De heer D’Haese heeft het woord.
Minister, ik zou zeggen: ‘Calm down.’ Ik ben opgegroeid in Hoboken. Mijn moeder heeft dertig jaar strijd gevoerd tegen de loodvervuiling, en de laatste tijd veel gebabbeld met mensen uit de wijk, Moretusburg en Hertogvelden. Die mensen zijn ongerust. Als ik die cijfers zie, minister, dan ben ik ook ongerust. Dat u mij hier dan wilt wegzetten als een dikke populist vind ik er ver over. Dat vind ik er echt heel ver over. Ja, het duurt eventjes voor die cijfers verwerkt zijn. Maar de cijfers van februari, die zijn in maart al besproken op de medische werkgroep. In maart had de VMM die cijfers al. U hebt gewacht tot ik er opnieuw naar heb gevraagd in september om ze te geven. Dat is de realiteit. De cijfers van juni en juli, daar verwijt ik u niets over. Maar als we het eventjes over het bedrijf mogen hebben: eind augustus had Umicore becijferd dat er opnieuw een piek was in het neervallend stof in juni en juli. Geen communicatie. Radiostilte. De mensen zijn er pas achter gekomen op het moment dat wij dat half september hebben bekendgemaakt in de media.

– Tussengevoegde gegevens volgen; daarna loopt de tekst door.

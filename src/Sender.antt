-- ===== src/Sender.antt =====
-- src/Sender.hpp and src/Sender.cpp: a sender, whose thread loops until it is told to stop. The
-- thread goes one step at a time, from its place in `task_sender`.
pub mod Life
mod Tests
use ff_test.Base.{Bool, true, false, if◌then◌else◌, Option, none, some}
use ff_test.Base.Int.{ℤ, pos, negsuc, is_negative, is_zero}
use ff_test.TaskPool.{Created}

-- Where the thread is: there is none, it is at the test of `m_bStop`, or it has returned.
pub data Place : Type 0 where
  absent looping finished : Place

-- `has_thread` is `m_tid != 0`. `m_lstFiles`, which no operation uses, is left out.
pub record Sender : Type 0 where
  pub has_thread : Bool
  pub stop_flag : Bool
  pub place : Place

-- `Sender::Sender`
abbrev pub new_sender : Sender
new_sender = record { has_thread = false; stop_flag = false; place = absent }

-- `Sender::init`, for what `pthread_create` answers.
unfoldable pub init : Created → Sender → ℤ × Sender
init c s =
    if is_negative c.ret
    then (negsuc 0, record s { has_thread = false })
    else if is_zero c.ret
    then (pos 0, record s { has_thread = true; place = looping })
    else (pos 0, record s { has_thread = c.leaves_tid })

-- `Sender::start`, which does nothing.
abbrev pub start : Sender → Sender
start s = s

-- `Sender::stop`
abbrev pub stop : Sender → Sender
stop s = record s { stop_flag = true }

-- `Sender::release`, when it returns: `pthread_join` waits until the thread has returned.
unfoldable pub release : Sender → Option Sender
release s =
    if s.has_thread
    then elim s.place [
      | finished ↦ some (record s { has_thread = false })
      | looping ↦ none
      | absent ↦ none
    ]
    else some s

-- `Sender::~Sender`, when it returns at once.
unfoldable pub destroy : Sender → Option Sender
unfolding release
destroy s = release (stop s)

-- One step of `Sender::task_sender`; `none` when there is no thread or it is over.
unfoldable pub task_sender : Sender → Option Sender
task_sender s = elim s.place [
  | absent ↦ none
  | looping ↦ some (if s.stop_flag then record s { place = finished } else s)
  | finished ↦ none
]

Over wat ik u in de mond leg: ik leg u niets in de mond. Ik lees gewoon het verslag voor van de commissie van 15 juli waarin u zegt: ‘Het verbaast mij wel dat er, hoewel dat met verschillende overheidsinstanties van zeer nabij wordt opgevolgd, onder andere via die metingen, de laatste maanden geen alarmerende signalen waren.’ ‘Geen alarmerende signalen’ – terwijl op dat moment die piek in februari bekend was, sinds maart, een piek die 600 procent hoger ligt dan het gemiddelde van 2019, een piek die haar gelijke niet kent in de afgelopen tien jaar. U moet mij niet wegzetten als een dikke populist als ik mij daar ongerust over maak en als ik u daar op uw politieke verantwoordelijkheid over aanspreek. Dat pik ik niet.
Over de fond van de zaak moet ik zeggen dat ik er schoon genoeg van heb. In juli is er een onderzoek beloofd en er gebeuren allerlei dingen: werkgroepen komen samen en cijfers worden nagekeken. We zijn twee maanden verder en we staan geen stap verder. We staan gewoon geen stap verder. Het heeft gewaaid en er was storm. Tot daar zijn wij! Het heeft gewaaid en er was storm. Alsof het de afgelopen tien jaar niet nog gewaaid heeft en alsof het de afgelopen tien jaar niet nog gestormd heeft. Dat kan toch niet de verklaring zijn voor een piek die 600 procent hoger ligt dan het gemiddelde van vorig jaar? Trouwens, het weerbericht kondigt dat toch aan, storm of wind? Hoe komt het dat zo’n bedrijf dan geen voorzorgsmaatregelen neemt wanneer dat eraan komt? Dat is toch een fundamenteel probleem.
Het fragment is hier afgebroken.